Instructions for the task = Pull every line holding the word "BySmallestKey" out of the data and copy it.

○ ○ ○ ○ ○

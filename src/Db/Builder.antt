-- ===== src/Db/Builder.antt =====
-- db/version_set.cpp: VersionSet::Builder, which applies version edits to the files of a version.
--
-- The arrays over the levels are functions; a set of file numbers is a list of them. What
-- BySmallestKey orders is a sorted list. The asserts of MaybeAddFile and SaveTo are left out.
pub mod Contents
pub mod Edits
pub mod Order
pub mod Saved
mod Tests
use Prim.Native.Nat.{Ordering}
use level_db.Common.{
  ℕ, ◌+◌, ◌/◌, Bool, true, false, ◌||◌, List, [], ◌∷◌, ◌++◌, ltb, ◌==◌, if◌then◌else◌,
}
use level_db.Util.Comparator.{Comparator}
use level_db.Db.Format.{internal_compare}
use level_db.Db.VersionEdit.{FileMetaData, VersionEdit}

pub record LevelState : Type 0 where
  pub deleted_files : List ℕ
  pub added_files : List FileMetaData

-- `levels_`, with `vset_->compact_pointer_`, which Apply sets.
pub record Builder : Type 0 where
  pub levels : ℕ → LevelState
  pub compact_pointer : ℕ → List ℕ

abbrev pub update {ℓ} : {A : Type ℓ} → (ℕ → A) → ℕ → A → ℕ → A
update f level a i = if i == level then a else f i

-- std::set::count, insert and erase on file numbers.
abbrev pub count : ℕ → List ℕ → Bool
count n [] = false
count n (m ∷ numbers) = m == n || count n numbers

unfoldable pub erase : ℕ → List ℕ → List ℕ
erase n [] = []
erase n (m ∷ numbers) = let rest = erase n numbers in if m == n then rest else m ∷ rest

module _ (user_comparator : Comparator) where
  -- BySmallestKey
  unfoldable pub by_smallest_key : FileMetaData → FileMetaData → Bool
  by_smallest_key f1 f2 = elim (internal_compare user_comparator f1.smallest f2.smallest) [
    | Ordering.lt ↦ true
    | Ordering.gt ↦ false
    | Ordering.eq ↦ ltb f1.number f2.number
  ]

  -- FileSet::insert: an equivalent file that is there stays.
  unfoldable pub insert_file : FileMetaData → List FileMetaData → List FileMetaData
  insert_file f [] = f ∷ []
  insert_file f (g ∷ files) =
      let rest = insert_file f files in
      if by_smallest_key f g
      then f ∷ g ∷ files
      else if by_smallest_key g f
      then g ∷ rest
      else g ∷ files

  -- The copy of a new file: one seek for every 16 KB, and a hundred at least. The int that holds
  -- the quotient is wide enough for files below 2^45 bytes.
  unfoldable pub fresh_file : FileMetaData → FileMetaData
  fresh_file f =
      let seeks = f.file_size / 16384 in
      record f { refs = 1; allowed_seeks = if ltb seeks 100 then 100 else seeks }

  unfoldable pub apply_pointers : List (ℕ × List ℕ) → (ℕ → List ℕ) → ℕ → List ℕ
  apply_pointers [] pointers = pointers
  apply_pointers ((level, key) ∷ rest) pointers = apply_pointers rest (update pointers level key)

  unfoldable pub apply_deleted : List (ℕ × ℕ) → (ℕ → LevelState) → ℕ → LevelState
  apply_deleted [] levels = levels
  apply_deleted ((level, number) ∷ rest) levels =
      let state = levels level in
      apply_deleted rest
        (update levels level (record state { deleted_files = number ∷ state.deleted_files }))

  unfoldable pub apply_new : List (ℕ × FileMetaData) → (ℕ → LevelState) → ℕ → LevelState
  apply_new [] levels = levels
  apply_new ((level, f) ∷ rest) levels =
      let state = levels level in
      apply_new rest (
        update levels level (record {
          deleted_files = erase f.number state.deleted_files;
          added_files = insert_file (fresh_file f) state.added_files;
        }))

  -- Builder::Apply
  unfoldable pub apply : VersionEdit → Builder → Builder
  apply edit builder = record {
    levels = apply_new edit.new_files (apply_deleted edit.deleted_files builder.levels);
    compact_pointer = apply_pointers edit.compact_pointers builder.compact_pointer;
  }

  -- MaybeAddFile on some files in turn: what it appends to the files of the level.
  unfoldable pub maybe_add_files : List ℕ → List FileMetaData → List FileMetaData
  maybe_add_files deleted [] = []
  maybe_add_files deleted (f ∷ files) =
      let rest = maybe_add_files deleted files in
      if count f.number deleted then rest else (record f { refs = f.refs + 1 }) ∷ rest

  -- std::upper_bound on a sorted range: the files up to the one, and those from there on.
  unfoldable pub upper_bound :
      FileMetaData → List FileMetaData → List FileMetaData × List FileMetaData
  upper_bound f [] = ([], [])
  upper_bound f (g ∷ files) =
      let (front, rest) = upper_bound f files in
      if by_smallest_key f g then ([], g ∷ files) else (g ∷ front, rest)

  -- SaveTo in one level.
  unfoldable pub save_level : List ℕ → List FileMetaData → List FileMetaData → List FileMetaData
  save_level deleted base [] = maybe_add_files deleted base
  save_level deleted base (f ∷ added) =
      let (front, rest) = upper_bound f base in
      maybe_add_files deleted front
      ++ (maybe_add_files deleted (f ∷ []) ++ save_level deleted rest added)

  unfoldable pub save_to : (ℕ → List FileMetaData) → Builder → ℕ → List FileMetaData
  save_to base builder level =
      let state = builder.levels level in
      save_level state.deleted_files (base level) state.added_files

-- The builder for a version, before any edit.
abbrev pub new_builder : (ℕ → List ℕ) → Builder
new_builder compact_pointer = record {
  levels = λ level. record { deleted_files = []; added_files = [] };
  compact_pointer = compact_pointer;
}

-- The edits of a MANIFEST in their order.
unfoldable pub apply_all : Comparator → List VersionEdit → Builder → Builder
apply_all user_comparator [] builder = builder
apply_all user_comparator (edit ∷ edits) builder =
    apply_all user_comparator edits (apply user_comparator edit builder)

○ ○ ○ ○ ○

The answer =
-- BySmallestKey orders is a sorted list. The asserts of MaybeAddFile and SaveTo are left out.
  -- BySmallestKey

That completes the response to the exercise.